* [Work to be completed]:
While reading the listing below, count how many lines hold the word "health", and answer with the number only.

* [Provided material]:
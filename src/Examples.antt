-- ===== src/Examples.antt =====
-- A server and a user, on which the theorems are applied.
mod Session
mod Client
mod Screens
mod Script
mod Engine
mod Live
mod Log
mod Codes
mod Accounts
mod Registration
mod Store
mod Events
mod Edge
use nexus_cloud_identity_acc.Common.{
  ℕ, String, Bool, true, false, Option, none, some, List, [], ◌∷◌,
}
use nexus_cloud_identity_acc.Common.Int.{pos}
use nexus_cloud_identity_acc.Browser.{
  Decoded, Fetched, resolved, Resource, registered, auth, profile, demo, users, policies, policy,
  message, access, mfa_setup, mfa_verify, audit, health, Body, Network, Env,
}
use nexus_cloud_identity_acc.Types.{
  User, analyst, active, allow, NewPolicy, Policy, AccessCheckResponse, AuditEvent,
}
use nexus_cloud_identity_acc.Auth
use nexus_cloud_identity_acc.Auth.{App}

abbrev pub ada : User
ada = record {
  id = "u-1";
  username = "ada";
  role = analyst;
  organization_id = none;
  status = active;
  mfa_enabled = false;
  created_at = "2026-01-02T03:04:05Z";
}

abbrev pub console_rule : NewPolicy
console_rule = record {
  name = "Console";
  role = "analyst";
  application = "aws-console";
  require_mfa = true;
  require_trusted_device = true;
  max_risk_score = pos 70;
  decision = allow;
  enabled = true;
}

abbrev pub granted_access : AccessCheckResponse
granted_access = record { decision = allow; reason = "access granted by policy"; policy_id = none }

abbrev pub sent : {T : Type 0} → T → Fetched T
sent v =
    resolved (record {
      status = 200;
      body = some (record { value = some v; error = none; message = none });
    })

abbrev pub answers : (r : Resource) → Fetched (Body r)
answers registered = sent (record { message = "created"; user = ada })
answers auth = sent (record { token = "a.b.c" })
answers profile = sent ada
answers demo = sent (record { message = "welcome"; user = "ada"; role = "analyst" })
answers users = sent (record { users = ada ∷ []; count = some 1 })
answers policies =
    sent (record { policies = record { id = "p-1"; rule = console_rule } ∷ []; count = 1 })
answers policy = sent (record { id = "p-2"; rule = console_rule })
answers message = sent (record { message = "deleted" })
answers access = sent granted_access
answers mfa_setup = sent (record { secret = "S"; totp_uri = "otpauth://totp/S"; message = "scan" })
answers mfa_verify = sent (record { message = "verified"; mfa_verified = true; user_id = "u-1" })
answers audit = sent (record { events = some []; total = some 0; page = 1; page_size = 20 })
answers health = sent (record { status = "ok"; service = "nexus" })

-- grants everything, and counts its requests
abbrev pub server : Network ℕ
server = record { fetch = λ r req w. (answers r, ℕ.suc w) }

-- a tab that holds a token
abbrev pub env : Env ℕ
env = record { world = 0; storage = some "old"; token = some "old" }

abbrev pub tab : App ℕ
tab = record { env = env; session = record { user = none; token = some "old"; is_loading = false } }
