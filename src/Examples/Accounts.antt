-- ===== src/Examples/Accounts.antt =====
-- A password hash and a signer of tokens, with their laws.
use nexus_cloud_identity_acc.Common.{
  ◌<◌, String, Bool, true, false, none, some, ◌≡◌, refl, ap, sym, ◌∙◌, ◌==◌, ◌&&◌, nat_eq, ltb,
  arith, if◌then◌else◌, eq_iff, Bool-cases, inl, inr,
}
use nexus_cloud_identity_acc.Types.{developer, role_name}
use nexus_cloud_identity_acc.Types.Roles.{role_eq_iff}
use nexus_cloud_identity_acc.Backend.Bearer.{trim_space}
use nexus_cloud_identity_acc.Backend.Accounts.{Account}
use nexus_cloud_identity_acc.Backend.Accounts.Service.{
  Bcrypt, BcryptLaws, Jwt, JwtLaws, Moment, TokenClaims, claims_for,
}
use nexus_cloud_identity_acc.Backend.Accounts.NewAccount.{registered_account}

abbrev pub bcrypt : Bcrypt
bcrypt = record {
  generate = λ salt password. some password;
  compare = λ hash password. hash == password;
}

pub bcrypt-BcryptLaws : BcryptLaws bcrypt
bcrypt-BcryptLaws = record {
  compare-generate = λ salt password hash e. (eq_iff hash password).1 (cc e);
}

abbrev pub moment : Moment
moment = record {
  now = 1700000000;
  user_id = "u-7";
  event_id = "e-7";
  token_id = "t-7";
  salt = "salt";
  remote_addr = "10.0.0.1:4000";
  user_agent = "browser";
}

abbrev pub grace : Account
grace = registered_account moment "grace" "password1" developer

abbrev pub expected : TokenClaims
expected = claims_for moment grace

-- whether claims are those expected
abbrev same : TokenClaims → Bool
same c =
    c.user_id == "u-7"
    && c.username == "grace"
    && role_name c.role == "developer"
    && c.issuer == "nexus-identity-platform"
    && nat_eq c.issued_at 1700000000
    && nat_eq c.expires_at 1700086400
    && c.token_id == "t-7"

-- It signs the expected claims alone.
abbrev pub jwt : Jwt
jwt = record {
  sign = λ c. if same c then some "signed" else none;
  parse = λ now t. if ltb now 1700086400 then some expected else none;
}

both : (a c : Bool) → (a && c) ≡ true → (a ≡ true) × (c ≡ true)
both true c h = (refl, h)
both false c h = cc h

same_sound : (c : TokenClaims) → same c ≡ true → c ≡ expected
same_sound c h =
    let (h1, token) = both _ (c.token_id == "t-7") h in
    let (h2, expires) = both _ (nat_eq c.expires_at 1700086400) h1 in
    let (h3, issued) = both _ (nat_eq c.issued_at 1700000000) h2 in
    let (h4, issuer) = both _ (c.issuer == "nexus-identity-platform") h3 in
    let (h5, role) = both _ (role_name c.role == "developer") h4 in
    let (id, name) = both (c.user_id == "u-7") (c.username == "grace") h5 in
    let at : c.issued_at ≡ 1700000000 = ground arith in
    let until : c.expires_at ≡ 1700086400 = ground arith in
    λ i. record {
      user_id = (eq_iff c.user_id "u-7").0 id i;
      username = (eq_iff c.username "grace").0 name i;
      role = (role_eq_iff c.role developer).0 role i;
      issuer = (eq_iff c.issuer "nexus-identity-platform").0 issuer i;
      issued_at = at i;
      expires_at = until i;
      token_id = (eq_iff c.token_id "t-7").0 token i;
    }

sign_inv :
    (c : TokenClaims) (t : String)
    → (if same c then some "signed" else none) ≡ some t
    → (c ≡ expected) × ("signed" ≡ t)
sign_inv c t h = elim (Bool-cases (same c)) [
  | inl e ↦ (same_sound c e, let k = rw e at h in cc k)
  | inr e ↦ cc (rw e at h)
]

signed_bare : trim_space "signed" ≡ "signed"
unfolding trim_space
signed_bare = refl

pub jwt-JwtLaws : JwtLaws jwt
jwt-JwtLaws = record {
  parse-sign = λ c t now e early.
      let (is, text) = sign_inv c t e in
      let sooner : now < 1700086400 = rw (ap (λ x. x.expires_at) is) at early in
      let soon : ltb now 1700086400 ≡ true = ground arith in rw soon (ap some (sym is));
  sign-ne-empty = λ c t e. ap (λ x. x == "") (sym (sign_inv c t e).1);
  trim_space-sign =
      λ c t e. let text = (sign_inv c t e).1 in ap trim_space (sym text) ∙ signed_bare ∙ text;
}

* [Solution below]:
2